In a separate room, the 2008 documentary "Handmade Nation" by Faythe Levine and Cortney Heimerl is on a monitor in PNCA's Lemelson Innovation Studio, along with artifacts (T-shirts, posters, little Hi8 videotape cassettes).
Bakken Morris said 2009 was a moment for craft, before Etsy took off, and in 2022 it's happening again. "Students are hungry to use their hands and be self-sufficient with their creative practices." They want to learn the old crafts or at least work with their hands after the march of technology — accelerated by the COVID-19 pandemic, made them tire of screen, keyboard and mouse work.

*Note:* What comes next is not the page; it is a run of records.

-- ===== src/Store/Sos/Chain.antt =====
-- store/sos.py: version chains, and the walk of `history` along them.
use data_py_os.Base.{
  ℕ, zero, suc, ◌≤◌, ◌≡◌, refl, sym, ap, ◌∙◌, ◌⊎◌, inl, inr, Option, none, some, List, [], ◌∷◌,
  arith,
}
use data_py_os.Base.Eq.{text_eq, Text}
use data_py_os.Base.Dict.{Dict, lookup}
use data_py_os.Store.Lru
use data_py_os.Store.Lru.{LruDict}
use data_py_os.Store.Lru.Order.{entry}
use data_py_os.Store.Lru.Laws.{get_lem, get-IsValid, entry-set}
use data_py_os.Store.Sos.Types.{Host, SObject, Sos}
use data_py_os.Store.Sos.Objects.{get, fetch, load}
use data_py_os.Store.Sos.Aliases.{resolve}
use data_py_os.Store.Sos.History.{walk, visit, onto, history}
use data_py_os.Store.Sos.Coherent.{Coherent, Reads, target, oid_in, resolve-Reads, get-Reads}
use data_py_os.Store.Sos.Versions.{obj_cache-resolve}

-- The object that a row names as its parent is there, one version back; a row without a parent is
-- version 1.
abbrev pub Follows : SObject → Dict Text SObject → Type 0
Follows row objects =
    ((row.parent_oid ≡ none) × (row.version ≡ 1))
    ⊎ ((q : Text) × (prev : SObject) × (row.parent_oid ≡ some q)
        × (lookup q objects ≡ some prev)
        × (row.version ≡ suc prev.version))

-- Cached objects have the parents and versions of their rows.
abbrev pub Aligned : LruDict Text SObject → Dict Text SObject → Type 0
Aligned cache objects =
    (oid : Text) (o row : SObject)
    → entry oid cache ≡ some o
    → lookup oid objects ≡ some row
    → (o.parent_oid ≡ row.parent_oid) × (o.version ≡ row.version)

-- Versions count down to 1 along a chain of that many objects.
abbrev pub Counts : ℕ → List SObject → Type 0
Counts n [] = n ≡ 0
Counts n (o ∷ chain) = (m : ℕ) × (n ≡ suc m) × (o.version ≡ n) × Counts m chain

module _ ⦃h : Host⦄ where
  pub record Sound (s : Sos) : Type 0 where
    pub coherent : Coherent s
    pub aligned : Aligned s.obj_cache s.objects
    pub versioned :
        (oid : Text) (row : SObject) → lookup oid s.objects ≡ some row → Follows row s.objects
    pub pointed :
        (path oid : Text)
        → target path s ≡ some oid
        → (row : SObject) × (lookup oid s.objects ≡ some row)

  -- what a read leaves, if the cache stays aligned
  Reads-Sound : {s t : Sos} → Sound s → Reads s t → Aligned t.obj_cache s.objects → Sound t
  Reads-Sound {s} {t} k r a = record {
    coherent = r.coherent;
    aligned = λ oid o row e q. a oid o row e (ap (lookup oid) (sym r.tables.objects) ∙ q);
    versioned = λ oid row q.
        rw r.tables.objects (k.versioned oid row (ap (lookup oid) (sym r.tables.objects) ∙ q));
    pointed = λ path oid q.
        let (row, e) =
          k.pointed path oid (ap (λ d. oid_in (lookup path d)) (sym r.tables.aliases) ∙ q) in
        (row, ap (lookup oid) r.tables.objects ∙ e);
  }

  pub resolve-Sound : (path : Text) (s : Sos) → Sound s → Sound (resolve path s).1
  resolve-Sound path s k =
      Reads-Sound k (resolve-Reads path s k.coherent).1 (λ oid o row e q.
        k.aligned oid o row (ap (entry oid) (sym (obj_cache-resolve path s)) ∙ e) q)

  fetch-Sound :
      (oid : Text) (row : SObject) (s : Sos) (c : LruDict Text SObject) (hit : Option SObject)
      → Sound s
      → lookup oid s.objects ≡ some row
      → Lru.Order.IsValid c
      → c.cache ≡ s.obj_cache.cache
      → entry oid s.obj_cache ≡ hit
      → ((o : SObject) × ((fetch oid (hit, c) s).0 ≡ some o)
          × (o.parent_oid ≡ row.parent_oid)
          × (o.version ≡ row.version))
        × Aligned (fetch oid (hit, c) s).1.obj_cache s.objects
  unfolding fetch
  fetch-Sound oid row s c (some o) k q v same e = (
    (o, refl, (k.aligned oid o row e q).0, (k.aligned oid o row e q).1),
    λ i x r p. k.aligned i x r (ap (lookup i) (sym same) ∙ p),
  )
  fetch-Sound oid row s c none k q v same e =
      rw (q, load)
        (
          (row, refl, refl, refl),
          λ i x r p p'. elim (entry-set i oid row c v p) [
            | inr (_, old) ↦ k.aligned i x r (ap (lookup i) (sym same) ∙ old) p'
            | inl (at, is) ↦
                let one : x ≡ r = cc (is, ap (λ z. lookup z s.objects) at, q, p') in
                (ap (λ (z : SObject). z.parent_oid) one, ap (λ (z : SObject). z.version) one)
          ],
        )

  pub get-Sound :
      (oid : Text) (row : SObject) (s : Sos)
      → Sound s
      → lookup oid s.objects ≡ some row
      → ((o : SObject) × ((get oid s).0 ≡ some o)
          × (o.parent_oid ≡ row.parent_oid)
          × (o.version ≡ row.version))
        × Sound (get oid s).1
  unfolding get
  get-Sound oid row s k q =
      let (answer, same) = get_lem oid s.obj_cache in
      let (found, aligned) =
        fetch-Sound oid row s (Lru.get oid s.obj_cache).1 (Lru.get oid s.obj_cache).0 k q
          (get-IsValid oid s.obj_cache k.coherent.obj_cache) same (sym answer) in
      (found, Reads-Sound k (get-Reads oid s k.coherent).1 aligned)

  walk-none : (fuel : ℕ) (s : Sos) → (walk fuel none s).0 ≡ some []
  unfolding walk
  walk-none zero s = refl
  walk-none (suc fuel) s = refl

  -- one round of the walk: the object that is found goes in front of the chain behind it
  walk_onto :
      (fuel : ℕ) (oid : Text) (o : SObject) (p : Option Text) (chain : List SObject) (s : Sos)
      → (get oid s).0 ≡ some o
      → o.parent_oid ≡ p
      → (walk fuel p (get oid s).1).0 ≡ some chain
      → (walk (suc fuel) (some oid) s).0 ≡ some (o ∷ chain)
  unfolding walk
  walk_onto fuel oid o p chain s is par e =
      rw (is, visit) (ap (onto o) (ap (λ z. (walk fuel z (get oid s).1).0) par ∙ e))

  walk-Counts :
      (fuel : ℕ) (oid : Text) (row : SObject) (s : Sos)
      → Sound s
      → lookup oid s.objects ≡ some row
      → row.version ≤ fuel
      → (chain : List SObject) × ((walk fuel (some oid) s).0 ≡ some chain)
        × Counts row.version chain
  walk-Counts zero oid row s k q le = elim (k.versioned oid row q) [
    | inl (_, first) ↦ absurd (omega (arith, first))
    | inr (_, prev, _, _, next) ↦ absurd (omega (arith, next))
  ]
  walk-Counts (suc fuel) oid row s k q le =
      let ((o, is, par, ver), k') = get-Sound oid row s k q in
      let s' = (get oid s).1 in
      elim (k.versioned oid row q) [
        | inl (alone, first) ↦ (
          o ∷ [],
          walk_onto fuel oid o none [] s is (par ∙ alone) (walk-none fuel s'),
          (0, first, ver, refl),
        )
        | inr (parent, prev, named, found, next) ↦
            let there = ap (lookup parent) (get-Reads oid s k.coherent).1.tables.objects ∙ found in
            let (chain, e, counts) =
              walk-Counts fuel parent prev s' k' there (omega (arith, next, le)) in
            (
              o ∷ chain,
              walk_onto fuel oid o (some parent) chain s is (par ∙ named) e,
              (prev.version, next, ver, counts),
            )
      ]

  -- In a sound store the history of a path ends: with as many rounds as the version of the object
  -- that the path stands for, it is a chain whose versions are that one, the one before, down to 1.
  pub history-Counts :
      (fuel : ℕ) (path oid : Text) (row : SObject) (s : Sos)
      → Sound s
      → target path s ≡ some oid
      → lookup oid s.objects ≡ some row
      → row.version ≤ fuel
      → (chain : List SObject) × ((history fuel path s).0 ≡ some chain) × Counts row.version chain
  unfolding history
  history-Counts fuel path oid row s k at found le =
      let (answer, r) = resolve-Reads path s k.coherent in
      rw (answer ∙ at) (
        walk-Counts fuel oid row (resolve path s).1 (resolve-Sound path s k)
          (ap (lookup oid) r.tables.objects ∙ found) le)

"Let's hope we have another moment growing again, in response to capitalism, and how it's maybe changed communities."
SIDEBAR
In June 2021, the Pacific Northwest College of Art merged with Willamette University making the Northwest's oldest school of art and design an integral part of the region's leading liberal arts university. Along with this exciting merger of institutions, the art collection from the former Museum of Contemporary Craft (which closed in 2016 as a program of PNCA) has become part of the permanent collection of the Hallie Ford Museum of Art at Willamette University. Founded in 1937 as the Oregon Ceramics Studio, MoCC was the oldest continuously running craft institution in the country. Throughout the years, the name of the institution changed from the Oregon Ceramics Studio (1937) to Contemporary Crafts Gallery (1965), Contemporary Crafts Museum & Gallery (2002), and Museum of Contemporary Craft (2007). While the museum has now closed, the collection lives on as part of the Hallie Ford Museum of Art. The Hallie Ford Museum of Art has a long history of collecting, exhibiting, and publishing about artists associated with PNCA and the Museum Art School (as it once was known).